_TASK GOAL_
Copy every line in the records below that contains the word "length".

_PROVIDED RECORDS_
----

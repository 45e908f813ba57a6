-- ===== src/Relay/Collector.antt =====
-- attestor/chainService/relay/collector/collector.go: the client of the db-service.
pub mod Laws
use verulink.Base.{
  ℕ, ◌+◌, ◌*◌, ◌%◌, List, [], ◌∷◌, map, Bytes, codes, eqb, Result, ok, err, panics, already_relayed,
  or_panic, Option, none, some, length, get_elem?, lookup, if◌then◌else◌, ◌==◌, ◌>>=◌,
}
use verulink.Chain.{ScreenedPacket, MissedPacket}
use verulink.Chain.BigInt.{big_string, itoa}
use verulink.Relay.Web.{
  Web, Response, Json, string, number, boolean, expect_status, status_ok, status_created,
  unexpected_status,
}
use verulink.Relay.Signer.{method_get, post}

abbrev pub hour : ℕ
hour = 3600 * 1_000_000_000

abbrev pub limit_size : ℕ
limit_size = 20

-- The map from chain ids to wallet addresses is the list of its pairs, in the order in which a
-- `range` visits them. Durations are in nanoseconds.
pub record Collector : Type 0 where
  pub uri : Bytes
  pub chain_id_to_address : List (Bytes × Bytes)
  pub collector_wait_dur : ℕ

pub record CollectorServiceConfig : Type 0 where
  pub uri : Bytes
  pub collector_wait_dur : ℕ
  pub ca_certificate : Bytes
  pub attestor_certificate : Bytes
  pub attestor_key : Bytes

-- `m[k]` of a missing key is the empty string.
abbrev pub or_blank : Option Bytes → Bytes
or_blank none = []
or_blank (some s) = s

unfoldable pub request_params : Collector → ScreenedPacket → Bytes → Bytes → List (Bytes × Json)
request_params c sp pkt_hash sig =
    let dest = big_string sp.packet.destination.chain_id in
    (codes "sourceChainId", string (big_string sp.packet.source.chain_id))
    ∷ (codes "destChainId", string dest)
    ∷ (codes "sequence", number sp.packet.sequence)
    ∷ (codes "signature", string sig)
    ∷ (codes "offChainAnalysis", boolean sp.is_white)
    ∷ (codes "attestorSigner", string (or_blank (lookup dest c.chain_id_to_address)))
    ∷ (codes "packetHash", string pkt_hash)
    ∷ []

-- An error of `io.ReadAll` is dropped.
abbrev pub read_all : Result Bytes → Bytes
read_all (ok r) = r
read_all (err e) = []
read_all panics = []

-- The error of `url.Parse` is dropped, and its nil result used.
abbrev pub parsed_or_panic : Result Bytes → Result Bytes
parsed_or_panic (ok u) = ok u
parsed_or_panic (err e) = panics
parsed_or_panic panics = panics

-- What a round sends, and the next index, from what it has fetched and its index.
unfoldable pub after_fetch :
    Collector → ℕ → Result (Option (List MissedPacket)) → Result (List MissedPacket × ℕ)
after_fetch c index (err e) = ok ([], index)
after_fetch c index panics = panics
after_fetch c index (ok none) = panics
after_fetch c index (ok (some packets)) = ok (packets, (index + 1) % length c.chain_id_to_address)

-- The answer of the db-service: `response` reads the message out of the JSON text.
unfoldable pub collector_answer : (Bytes → Result Bytes) → Response → Result (Unit {0})
collector_answer response resp =
    let delivered = (do
      text ← response (read_all resp.body)
      if eqb text (codes "Duplicate packet") then err already_relayed else ok tt) in
    if resp.status_code == status_created then delivered else err unexpected_status

module _ (web : Web) where
  open web use {send, parse_url, join_path, encode_query, with_query, marshal_object}

  unfoldable pub check_collector_health : Collector → Result (Unit {0})
  check_collector_health c = do
    resp ← send (record { method = method_get; url = c.uri; body = [] })
    accepted ← expect_status status_ok resp
    ok tt

  unfoldable pub send_to_collector :
      (Bytes → Result Bytes) → Collector → ScreenedPacket → Bytes → Bytes → Result (Unit {0})
  unfolding request_params collector_answer
  send_to_collector response c sp pkt_hash sig = do
    text ← marshal_object (request_params c sp pkt_hash sig)
    u ← parse_url c.uri
    let query = if sp.packet.is_missed then (codes "unconfirmed", codes "true") ∷ [] else []
    let url = with_query (join_path u (codes "signature")) (encode_query query)
    resp ← send (record { method = post; url = url; body = text })
    collector_answer response resp

  -- The request for missed packets of one wallet; a nil pointer is `none`.
  unfoldable pub fetch_missed_packets :
      (Bytes → Result (Option (List MissedPacket)))
      → Collector
      → Bytes
      → Result (Option (List MissedPacket))
  fetch_missed_packets details c wallet = do
    u ← parsed_or_panic (parse_url c.uri)
    let query = (codes "address", wallet) ∷ (codes "limit", itoa limit_size) ∷ []
    let url = with_query (join_path u (codes "unconfirmed")) (encode_query query)
    resp ← send (record { method = method_get; url = url; body = [] })
    accepted ← expect_status status_ok resp
    text ← accepted.body
    details text

  -- One round of `ReceivePktsFromCollector` behind the ticker: the packets that are sent to the
  -- channel, and the index of the next wallet. An error leaves the index.
  unfoldable pub receive_round :
      (Bytes → Result (Option (List MissedPacket))) → Collector → ℕ → Result (List MissedPacket × ℕ)
  unfolding fetch_missed_packets after_fetch
  receive_round details c next_address_index = do
    wallet ← or_panic (get_elem? (map (λ p. p.1) c.chain_id_to_address) next_address_index)
    after_fetch c next_address_index (fetch_missed_packets details c wallet)

-- The ticks of the loop. It does not start without a wallet.
unfoldable pub ticker_dur : Collector → Option ℕ
ticker_dur c =
    if length c.chain_id_to_address == 0
    then none
    else some (if c.collector_wait_dur == 0 then hour else c.collector_wait_dur)

abbrev pub key_pair_or_exit : Result (Unit {0}) → Result (Unit {0})
key_pair_or_exit (ok u) = ok tt
key_pair_or_exit (err e) = panics
key_pair_or_exit panics = panics

-- `SetupCollector`, given what reading the CA file and loading the key pair return. An error of
-- the second ends the process.
unfoldable pub setup_collector :
    Result Bytes
    → Result (Unit {0})
    → CollectorServiceConfig
    → List (Bytes × Bytes)
    → ℕ
    → Result Collector
setup_collector ca_cert key_pair cfg chain_id_to_address wait_time = do
  pem ← ca_cert
  loaded ← key_pair_or_exit key_pair
  ok (record {
    uri = cfg.uri;
    chain_id_to_address = chain_id_to_address;
    collector_wait_dur = wait_time;
  })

----

_OUTPUT_
  or_panic, Option, none, some, length, get_elem?, lookup, if◌then◌else◌, ◌==◌, ◌>>=◌,
after_fetch c index (ok (some packets)) = ok (packets, (index + 1) % length c.chain_id_to_address)
    if length c.chain_id_to_address == 0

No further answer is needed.